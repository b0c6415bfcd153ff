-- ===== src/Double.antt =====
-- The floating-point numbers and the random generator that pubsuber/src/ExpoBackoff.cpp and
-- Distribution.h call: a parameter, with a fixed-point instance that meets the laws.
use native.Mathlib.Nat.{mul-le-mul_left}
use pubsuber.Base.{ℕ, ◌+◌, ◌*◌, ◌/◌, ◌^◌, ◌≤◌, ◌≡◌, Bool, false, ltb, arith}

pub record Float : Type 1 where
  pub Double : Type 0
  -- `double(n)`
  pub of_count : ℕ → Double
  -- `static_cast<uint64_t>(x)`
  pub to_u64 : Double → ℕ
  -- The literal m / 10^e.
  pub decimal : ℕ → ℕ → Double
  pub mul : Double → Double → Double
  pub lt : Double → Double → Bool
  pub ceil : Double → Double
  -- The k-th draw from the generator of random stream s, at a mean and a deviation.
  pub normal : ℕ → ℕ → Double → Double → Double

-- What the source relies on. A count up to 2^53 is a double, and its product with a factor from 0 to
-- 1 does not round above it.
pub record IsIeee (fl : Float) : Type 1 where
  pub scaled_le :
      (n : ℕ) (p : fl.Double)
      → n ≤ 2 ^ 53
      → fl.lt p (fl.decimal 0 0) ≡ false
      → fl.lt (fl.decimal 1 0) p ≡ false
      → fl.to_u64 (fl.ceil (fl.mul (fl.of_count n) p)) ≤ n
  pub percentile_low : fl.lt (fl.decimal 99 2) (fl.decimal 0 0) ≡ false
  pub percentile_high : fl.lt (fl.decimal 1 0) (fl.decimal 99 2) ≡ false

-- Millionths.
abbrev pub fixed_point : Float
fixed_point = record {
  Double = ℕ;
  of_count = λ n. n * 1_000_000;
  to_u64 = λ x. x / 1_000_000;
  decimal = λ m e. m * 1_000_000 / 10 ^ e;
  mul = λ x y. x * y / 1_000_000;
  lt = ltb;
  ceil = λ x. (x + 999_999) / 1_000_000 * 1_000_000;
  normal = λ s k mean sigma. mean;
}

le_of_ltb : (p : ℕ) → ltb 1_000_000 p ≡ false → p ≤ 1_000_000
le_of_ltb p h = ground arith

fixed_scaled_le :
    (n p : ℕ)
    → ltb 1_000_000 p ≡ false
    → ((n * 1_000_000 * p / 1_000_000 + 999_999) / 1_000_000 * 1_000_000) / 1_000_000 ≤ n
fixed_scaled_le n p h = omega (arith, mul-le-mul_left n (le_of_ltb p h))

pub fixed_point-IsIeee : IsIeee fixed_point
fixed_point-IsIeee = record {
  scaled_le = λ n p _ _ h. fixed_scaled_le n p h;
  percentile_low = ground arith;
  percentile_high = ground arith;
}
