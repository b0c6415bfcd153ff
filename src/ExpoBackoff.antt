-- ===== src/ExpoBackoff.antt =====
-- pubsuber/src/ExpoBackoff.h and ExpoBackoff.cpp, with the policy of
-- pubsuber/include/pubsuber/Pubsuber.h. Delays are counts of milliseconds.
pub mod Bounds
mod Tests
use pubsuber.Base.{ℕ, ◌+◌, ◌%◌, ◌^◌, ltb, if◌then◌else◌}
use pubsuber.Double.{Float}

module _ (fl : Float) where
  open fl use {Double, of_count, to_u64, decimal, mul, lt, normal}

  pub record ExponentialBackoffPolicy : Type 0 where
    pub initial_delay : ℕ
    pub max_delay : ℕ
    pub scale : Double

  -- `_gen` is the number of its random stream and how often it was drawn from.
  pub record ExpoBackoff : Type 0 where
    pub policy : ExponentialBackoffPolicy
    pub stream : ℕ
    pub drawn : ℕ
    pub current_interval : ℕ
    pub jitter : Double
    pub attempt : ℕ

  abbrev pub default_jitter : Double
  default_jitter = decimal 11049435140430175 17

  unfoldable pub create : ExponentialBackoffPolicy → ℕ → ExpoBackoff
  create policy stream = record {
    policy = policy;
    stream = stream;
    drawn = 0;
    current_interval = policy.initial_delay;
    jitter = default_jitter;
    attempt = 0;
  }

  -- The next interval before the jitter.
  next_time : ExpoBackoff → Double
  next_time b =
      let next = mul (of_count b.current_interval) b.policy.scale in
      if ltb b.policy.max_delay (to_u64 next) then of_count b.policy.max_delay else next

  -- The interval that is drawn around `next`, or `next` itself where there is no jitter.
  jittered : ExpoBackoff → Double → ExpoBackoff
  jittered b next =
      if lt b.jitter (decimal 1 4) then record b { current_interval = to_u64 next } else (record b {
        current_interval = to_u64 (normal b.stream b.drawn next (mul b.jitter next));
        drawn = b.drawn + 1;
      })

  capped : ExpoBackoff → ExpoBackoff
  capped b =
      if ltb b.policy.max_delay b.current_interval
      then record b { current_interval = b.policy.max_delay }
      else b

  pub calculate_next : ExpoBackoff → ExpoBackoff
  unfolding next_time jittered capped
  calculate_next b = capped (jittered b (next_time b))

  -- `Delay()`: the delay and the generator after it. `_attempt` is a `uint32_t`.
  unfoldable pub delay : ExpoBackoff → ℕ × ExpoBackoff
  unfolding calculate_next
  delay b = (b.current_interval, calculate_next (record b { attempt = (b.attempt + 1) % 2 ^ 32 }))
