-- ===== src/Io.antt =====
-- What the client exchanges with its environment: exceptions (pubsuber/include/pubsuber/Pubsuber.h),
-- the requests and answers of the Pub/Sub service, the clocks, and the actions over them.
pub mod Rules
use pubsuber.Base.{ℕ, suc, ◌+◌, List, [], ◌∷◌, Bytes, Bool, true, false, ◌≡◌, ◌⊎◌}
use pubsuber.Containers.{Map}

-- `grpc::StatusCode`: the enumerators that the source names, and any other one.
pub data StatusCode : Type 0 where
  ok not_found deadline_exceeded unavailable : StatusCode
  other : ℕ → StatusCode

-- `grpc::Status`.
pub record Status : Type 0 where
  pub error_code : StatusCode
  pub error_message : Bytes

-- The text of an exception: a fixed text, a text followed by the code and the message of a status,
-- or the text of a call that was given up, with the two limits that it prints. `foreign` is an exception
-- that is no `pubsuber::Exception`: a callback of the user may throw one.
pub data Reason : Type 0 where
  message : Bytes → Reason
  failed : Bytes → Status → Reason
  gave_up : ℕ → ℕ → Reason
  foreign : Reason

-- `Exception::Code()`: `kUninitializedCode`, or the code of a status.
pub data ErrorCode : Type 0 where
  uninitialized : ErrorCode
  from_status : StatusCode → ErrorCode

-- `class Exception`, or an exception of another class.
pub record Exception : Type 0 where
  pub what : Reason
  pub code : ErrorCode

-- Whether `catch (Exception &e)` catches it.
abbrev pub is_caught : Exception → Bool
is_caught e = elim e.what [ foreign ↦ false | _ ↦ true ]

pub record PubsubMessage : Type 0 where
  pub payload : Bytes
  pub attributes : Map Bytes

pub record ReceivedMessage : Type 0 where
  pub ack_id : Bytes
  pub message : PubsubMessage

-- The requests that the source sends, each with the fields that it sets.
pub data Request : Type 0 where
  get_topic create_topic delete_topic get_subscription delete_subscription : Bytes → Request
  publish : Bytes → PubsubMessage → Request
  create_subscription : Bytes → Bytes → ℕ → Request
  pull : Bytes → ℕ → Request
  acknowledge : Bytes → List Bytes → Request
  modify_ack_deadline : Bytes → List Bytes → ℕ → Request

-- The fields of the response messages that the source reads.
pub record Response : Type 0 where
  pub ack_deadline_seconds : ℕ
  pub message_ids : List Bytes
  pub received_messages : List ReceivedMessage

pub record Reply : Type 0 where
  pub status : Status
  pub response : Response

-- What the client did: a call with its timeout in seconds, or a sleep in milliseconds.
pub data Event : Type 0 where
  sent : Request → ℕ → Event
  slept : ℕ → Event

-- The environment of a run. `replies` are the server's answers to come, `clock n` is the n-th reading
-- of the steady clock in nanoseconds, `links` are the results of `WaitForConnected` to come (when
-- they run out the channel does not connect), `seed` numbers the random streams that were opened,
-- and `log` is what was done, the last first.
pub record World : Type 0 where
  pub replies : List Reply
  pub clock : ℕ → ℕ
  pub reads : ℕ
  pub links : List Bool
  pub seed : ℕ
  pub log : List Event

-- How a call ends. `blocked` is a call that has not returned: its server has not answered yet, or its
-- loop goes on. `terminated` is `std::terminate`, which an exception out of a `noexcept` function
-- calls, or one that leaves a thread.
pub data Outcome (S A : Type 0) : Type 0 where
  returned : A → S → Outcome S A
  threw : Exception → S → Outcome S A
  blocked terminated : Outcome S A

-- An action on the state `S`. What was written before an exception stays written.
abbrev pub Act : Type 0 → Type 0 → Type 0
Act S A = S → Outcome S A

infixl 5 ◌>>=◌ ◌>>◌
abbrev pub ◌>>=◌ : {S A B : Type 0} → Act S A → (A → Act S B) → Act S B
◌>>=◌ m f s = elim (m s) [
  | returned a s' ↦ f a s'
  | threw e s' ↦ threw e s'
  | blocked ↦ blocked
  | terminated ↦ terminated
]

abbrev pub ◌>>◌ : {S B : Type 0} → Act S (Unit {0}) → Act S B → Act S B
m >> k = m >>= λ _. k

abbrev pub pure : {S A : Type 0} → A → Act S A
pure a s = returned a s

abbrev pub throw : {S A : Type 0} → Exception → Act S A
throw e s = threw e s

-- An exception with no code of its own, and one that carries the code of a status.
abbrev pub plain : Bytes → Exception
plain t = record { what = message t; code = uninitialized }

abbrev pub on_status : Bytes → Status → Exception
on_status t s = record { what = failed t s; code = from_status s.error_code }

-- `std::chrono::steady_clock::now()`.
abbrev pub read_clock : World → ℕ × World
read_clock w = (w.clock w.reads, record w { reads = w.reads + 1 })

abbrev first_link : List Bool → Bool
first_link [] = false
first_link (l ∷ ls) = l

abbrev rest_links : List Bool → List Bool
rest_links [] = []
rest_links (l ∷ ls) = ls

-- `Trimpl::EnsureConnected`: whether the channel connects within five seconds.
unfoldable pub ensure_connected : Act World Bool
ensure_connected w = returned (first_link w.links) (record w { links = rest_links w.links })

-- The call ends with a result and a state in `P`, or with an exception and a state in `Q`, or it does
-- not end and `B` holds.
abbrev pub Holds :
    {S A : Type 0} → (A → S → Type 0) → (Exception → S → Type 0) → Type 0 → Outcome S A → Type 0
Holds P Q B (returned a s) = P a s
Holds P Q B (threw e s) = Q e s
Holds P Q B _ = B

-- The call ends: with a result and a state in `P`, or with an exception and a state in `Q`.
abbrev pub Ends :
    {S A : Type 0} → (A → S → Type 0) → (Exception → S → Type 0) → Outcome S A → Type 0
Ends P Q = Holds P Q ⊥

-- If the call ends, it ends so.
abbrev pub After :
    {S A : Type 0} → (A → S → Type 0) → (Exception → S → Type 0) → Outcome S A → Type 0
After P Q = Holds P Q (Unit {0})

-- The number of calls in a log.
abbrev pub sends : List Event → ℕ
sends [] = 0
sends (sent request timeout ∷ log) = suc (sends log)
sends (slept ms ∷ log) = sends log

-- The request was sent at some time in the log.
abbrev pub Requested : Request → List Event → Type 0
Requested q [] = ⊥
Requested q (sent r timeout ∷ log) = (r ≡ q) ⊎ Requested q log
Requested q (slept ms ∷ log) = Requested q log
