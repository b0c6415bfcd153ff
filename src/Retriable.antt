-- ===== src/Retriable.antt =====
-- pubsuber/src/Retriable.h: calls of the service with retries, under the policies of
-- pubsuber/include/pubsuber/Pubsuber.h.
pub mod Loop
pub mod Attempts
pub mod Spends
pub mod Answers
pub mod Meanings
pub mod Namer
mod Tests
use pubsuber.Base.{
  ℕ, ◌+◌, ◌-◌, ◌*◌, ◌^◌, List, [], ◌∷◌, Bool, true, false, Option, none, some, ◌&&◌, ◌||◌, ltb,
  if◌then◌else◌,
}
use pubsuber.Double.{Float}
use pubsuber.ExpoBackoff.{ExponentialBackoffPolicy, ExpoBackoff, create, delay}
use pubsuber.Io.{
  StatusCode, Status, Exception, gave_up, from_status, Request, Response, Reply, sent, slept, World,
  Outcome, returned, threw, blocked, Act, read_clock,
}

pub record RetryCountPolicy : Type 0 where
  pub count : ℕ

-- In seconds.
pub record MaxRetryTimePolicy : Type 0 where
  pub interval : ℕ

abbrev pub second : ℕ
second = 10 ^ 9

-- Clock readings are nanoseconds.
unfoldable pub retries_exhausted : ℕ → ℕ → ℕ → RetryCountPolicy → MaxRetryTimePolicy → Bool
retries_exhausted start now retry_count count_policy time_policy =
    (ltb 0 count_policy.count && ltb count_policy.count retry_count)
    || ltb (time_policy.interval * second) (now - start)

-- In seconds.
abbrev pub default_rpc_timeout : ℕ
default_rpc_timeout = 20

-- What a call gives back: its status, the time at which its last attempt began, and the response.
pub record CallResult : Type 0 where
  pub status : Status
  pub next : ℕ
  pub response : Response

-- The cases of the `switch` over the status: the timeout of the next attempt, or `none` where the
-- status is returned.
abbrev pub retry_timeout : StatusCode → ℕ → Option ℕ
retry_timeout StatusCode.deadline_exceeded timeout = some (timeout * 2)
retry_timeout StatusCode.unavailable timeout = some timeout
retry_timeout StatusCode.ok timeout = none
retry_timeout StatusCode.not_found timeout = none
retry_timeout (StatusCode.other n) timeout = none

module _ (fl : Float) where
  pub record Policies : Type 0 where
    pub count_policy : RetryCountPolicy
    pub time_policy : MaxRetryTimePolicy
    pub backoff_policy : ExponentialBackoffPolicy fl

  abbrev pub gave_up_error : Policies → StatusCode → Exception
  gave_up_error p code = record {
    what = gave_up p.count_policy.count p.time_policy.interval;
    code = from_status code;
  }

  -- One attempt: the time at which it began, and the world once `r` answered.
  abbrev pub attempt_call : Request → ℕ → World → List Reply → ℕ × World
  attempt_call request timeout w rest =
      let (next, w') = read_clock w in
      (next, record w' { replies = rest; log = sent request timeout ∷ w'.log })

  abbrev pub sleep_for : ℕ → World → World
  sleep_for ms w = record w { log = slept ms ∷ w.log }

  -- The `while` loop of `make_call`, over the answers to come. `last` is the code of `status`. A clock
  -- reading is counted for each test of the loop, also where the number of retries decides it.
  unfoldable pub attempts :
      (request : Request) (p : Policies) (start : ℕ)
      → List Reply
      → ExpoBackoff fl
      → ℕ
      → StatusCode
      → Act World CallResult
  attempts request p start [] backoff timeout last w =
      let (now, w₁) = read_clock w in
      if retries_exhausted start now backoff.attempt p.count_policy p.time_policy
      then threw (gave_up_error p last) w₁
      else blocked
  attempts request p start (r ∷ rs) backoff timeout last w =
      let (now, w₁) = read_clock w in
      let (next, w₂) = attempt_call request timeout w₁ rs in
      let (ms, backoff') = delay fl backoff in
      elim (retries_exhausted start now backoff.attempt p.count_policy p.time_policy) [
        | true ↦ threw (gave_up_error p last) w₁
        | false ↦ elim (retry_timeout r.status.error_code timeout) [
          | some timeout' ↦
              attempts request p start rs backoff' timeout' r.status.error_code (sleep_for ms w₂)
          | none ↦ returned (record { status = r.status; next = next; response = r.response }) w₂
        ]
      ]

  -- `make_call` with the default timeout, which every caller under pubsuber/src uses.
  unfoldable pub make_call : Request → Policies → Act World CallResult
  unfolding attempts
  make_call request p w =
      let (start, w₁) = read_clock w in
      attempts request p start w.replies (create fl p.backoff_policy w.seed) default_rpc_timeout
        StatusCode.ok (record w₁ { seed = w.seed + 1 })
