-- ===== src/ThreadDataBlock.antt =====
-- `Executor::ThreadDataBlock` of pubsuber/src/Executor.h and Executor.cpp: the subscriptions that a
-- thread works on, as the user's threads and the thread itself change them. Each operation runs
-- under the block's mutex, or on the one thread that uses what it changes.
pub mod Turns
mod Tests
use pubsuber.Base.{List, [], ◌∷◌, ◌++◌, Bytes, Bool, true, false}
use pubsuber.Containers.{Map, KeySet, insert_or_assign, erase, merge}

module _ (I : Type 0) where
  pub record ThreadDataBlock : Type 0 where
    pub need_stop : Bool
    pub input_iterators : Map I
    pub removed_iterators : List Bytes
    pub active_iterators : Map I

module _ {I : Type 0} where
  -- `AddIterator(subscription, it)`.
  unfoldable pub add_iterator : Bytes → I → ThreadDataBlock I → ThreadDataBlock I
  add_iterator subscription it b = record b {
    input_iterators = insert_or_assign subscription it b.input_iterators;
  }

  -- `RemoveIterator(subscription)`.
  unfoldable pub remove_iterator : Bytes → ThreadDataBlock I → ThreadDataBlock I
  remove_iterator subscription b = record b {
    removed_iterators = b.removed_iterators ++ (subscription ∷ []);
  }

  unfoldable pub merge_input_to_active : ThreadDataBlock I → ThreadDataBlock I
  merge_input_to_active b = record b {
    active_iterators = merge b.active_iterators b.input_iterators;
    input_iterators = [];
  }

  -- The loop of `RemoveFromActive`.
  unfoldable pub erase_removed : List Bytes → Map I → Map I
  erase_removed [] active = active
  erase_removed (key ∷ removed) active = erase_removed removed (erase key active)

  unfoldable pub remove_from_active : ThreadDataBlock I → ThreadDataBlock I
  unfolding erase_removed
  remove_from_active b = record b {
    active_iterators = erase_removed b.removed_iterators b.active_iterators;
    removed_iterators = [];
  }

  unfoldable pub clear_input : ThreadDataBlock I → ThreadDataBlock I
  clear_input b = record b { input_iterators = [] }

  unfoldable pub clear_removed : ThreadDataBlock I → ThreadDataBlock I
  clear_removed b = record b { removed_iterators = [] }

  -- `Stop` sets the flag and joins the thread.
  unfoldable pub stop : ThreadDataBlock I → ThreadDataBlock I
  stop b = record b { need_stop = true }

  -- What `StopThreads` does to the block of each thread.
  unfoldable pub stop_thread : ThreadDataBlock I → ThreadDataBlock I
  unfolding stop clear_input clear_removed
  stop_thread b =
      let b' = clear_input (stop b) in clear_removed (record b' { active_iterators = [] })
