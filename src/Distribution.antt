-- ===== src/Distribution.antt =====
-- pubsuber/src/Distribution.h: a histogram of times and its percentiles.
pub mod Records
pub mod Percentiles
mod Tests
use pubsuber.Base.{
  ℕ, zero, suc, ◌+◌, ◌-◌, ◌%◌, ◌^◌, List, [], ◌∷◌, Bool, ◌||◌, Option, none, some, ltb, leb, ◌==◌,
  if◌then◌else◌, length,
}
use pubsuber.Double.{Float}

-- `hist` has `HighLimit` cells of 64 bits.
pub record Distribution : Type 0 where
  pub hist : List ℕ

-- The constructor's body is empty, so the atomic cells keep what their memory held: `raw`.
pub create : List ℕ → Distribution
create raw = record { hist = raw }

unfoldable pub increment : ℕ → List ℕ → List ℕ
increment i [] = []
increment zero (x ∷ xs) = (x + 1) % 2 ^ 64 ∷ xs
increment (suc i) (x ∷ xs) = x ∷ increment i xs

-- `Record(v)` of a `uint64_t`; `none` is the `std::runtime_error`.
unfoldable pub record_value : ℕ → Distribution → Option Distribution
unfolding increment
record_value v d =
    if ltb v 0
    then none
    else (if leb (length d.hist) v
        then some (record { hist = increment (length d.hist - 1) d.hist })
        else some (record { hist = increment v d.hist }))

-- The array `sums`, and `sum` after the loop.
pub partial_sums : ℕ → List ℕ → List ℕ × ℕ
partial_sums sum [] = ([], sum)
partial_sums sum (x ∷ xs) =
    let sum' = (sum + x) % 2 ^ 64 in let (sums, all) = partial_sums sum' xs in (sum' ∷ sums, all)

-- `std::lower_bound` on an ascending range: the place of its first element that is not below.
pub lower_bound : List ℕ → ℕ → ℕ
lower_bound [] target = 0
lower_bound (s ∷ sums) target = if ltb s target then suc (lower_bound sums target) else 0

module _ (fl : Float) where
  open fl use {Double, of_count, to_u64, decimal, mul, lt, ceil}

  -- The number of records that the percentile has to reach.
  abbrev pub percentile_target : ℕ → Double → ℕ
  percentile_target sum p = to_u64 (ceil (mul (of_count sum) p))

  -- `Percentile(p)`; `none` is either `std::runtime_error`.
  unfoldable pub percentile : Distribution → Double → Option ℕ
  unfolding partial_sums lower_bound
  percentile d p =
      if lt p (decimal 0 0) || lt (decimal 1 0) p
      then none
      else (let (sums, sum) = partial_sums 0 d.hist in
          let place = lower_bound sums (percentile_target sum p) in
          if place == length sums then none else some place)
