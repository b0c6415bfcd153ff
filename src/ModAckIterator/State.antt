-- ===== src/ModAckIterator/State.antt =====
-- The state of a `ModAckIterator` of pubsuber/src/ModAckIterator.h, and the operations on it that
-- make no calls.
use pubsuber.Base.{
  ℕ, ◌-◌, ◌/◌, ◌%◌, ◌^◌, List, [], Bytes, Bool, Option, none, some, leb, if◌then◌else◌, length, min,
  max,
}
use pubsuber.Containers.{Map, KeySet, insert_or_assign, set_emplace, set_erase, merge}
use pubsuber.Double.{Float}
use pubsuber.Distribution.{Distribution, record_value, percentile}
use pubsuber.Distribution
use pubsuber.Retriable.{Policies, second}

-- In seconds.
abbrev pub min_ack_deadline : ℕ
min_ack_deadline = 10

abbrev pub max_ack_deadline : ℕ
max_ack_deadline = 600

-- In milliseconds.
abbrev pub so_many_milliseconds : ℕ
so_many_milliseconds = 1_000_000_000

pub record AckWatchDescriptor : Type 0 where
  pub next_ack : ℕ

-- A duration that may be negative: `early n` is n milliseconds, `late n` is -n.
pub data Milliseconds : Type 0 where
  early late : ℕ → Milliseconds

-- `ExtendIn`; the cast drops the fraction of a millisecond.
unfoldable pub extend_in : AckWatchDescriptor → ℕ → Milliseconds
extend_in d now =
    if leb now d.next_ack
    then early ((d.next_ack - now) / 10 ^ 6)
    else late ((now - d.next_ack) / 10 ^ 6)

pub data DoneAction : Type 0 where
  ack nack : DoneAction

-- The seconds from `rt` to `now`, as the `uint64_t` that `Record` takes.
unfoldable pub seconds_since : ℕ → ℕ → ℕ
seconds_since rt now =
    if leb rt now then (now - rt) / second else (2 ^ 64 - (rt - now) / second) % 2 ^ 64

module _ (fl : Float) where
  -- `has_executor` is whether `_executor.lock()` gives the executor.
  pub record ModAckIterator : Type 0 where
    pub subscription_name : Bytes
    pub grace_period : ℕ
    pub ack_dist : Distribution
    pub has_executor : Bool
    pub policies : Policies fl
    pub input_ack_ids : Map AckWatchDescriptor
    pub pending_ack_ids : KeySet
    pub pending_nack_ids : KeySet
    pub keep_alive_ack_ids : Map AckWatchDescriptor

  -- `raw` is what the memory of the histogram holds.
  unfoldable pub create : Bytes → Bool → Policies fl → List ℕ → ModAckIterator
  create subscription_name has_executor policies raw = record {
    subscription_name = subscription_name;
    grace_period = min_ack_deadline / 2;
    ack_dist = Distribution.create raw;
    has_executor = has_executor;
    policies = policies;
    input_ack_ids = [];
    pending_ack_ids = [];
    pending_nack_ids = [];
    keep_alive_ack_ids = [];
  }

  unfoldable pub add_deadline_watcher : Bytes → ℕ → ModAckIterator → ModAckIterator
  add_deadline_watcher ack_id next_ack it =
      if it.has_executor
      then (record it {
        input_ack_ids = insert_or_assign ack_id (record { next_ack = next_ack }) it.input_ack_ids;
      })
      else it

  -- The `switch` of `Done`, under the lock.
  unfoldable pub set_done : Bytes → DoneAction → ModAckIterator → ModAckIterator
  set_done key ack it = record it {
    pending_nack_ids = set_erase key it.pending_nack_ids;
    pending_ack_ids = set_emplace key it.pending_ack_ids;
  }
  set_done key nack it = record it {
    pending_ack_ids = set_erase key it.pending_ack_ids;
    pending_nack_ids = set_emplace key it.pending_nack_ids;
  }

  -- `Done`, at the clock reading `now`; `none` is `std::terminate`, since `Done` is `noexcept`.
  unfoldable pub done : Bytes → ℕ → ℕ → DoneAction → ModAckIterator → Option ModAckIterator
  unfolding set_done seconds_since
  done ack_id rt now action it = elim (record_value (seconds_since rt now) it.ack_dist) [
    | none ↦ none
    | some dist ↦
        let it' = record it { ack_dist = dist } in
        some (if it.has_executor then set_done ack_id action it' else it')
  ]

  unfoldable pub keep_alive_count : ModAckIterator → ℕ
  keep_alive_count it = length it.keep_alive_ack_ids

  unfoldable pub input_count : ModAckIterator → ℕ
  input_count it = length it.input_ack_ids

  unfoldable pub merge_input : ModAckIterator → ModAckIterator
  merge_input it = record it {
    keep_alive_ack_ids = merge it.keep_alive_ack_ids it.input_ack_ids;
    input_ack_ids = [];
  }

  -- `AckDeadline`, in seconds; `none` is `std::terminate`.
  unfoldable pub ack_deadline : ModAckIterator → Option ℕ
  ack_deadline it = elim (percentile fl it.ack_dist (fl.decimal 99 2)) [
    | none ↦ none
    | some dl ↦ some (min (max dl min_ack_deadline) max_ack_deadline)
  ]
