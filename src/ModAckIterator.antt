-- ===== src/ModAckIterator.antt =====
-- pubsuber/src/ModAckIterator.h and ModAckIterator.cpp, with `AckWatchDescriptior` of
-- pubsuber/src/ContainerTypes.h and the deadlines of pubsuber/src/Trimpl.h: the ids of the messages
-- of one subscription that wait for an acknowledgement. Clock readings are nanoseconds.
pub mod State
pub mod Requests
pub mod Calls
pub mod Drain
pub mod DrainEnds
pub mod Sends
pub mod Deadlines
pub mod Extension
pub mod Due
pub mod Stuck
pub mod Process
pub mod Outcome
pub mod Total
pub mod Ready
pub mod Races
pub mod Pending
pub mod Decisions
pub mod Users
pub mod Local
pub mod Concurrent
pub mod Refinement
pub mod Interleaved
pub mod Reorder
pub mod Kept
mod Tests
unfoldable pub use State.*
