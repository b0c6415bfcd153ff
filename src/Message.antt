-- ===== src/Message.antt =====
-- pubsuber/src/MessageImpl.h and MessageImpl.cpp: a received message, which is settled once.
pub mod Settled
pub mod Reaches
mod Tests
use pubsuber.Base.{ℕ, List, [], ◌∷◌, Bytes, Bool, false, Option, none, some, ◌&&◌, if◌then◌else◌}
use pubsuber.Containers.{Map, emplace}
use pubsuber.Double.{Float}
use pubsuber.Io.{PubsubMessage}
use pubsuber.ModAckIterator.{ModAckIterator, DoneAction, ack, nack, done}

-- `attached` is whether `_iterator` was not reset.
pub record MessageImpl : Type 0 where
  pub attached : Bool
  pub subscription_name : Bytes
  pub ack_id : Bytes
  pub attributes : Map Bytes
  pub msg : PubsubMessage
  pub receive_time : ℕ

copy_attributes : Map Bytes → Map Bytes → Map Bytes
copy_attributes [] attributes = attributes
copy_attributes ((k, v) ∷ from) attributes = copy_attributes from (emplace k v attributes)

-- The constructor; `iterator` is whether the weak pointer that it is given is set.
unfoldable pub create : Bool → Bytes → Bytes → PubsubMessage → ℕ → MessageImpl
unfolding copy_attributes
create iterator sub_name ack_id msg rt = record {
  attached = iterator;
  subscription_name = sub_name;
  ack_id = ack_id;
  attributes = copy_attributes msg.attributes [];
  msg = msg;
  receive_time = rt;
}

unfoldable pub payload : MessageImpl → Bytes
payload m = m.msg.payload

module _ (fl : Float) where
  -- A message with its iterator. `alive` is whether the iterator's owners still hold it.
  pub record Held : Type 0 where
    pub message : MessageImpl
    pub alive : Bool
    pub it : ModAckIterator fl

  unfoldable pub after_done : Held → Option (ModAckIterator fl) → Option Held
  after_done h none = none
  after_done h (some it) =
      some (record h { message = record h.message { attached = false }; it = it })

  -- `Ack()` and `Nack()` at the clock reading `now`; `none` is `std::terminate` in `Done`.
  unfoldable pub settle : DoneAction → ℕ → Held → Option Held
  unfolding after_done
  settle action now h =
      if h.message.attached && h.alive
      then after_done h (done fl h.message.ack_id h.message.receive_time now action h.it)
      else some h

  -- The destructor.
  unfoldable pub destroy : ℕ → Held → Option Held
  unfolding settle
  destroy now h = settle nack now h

━━━━━━━━

Task statement:
For the lines above, output exactly those from the line containing "unfolding set_done seconds_since" through the line containing "keep_alive_count it = length", and skip the others.

Answer to the exercise:
  unfolding set_done seconds_since
  done ack_id rt now action it = elim (record_value (seconds_since rt now) it.ack_dist) [
    | none ↦ none
    | some dist ↦
        let it' = record it { ack_dist = dist } in
        some (if it.has_executor then set_done ack_id action it' else it')
  ]

  unfoldable pub keep_alive_count : ModAckIterator → ℕ
  keep_alive_count it = length it.keep_alive_ack_ids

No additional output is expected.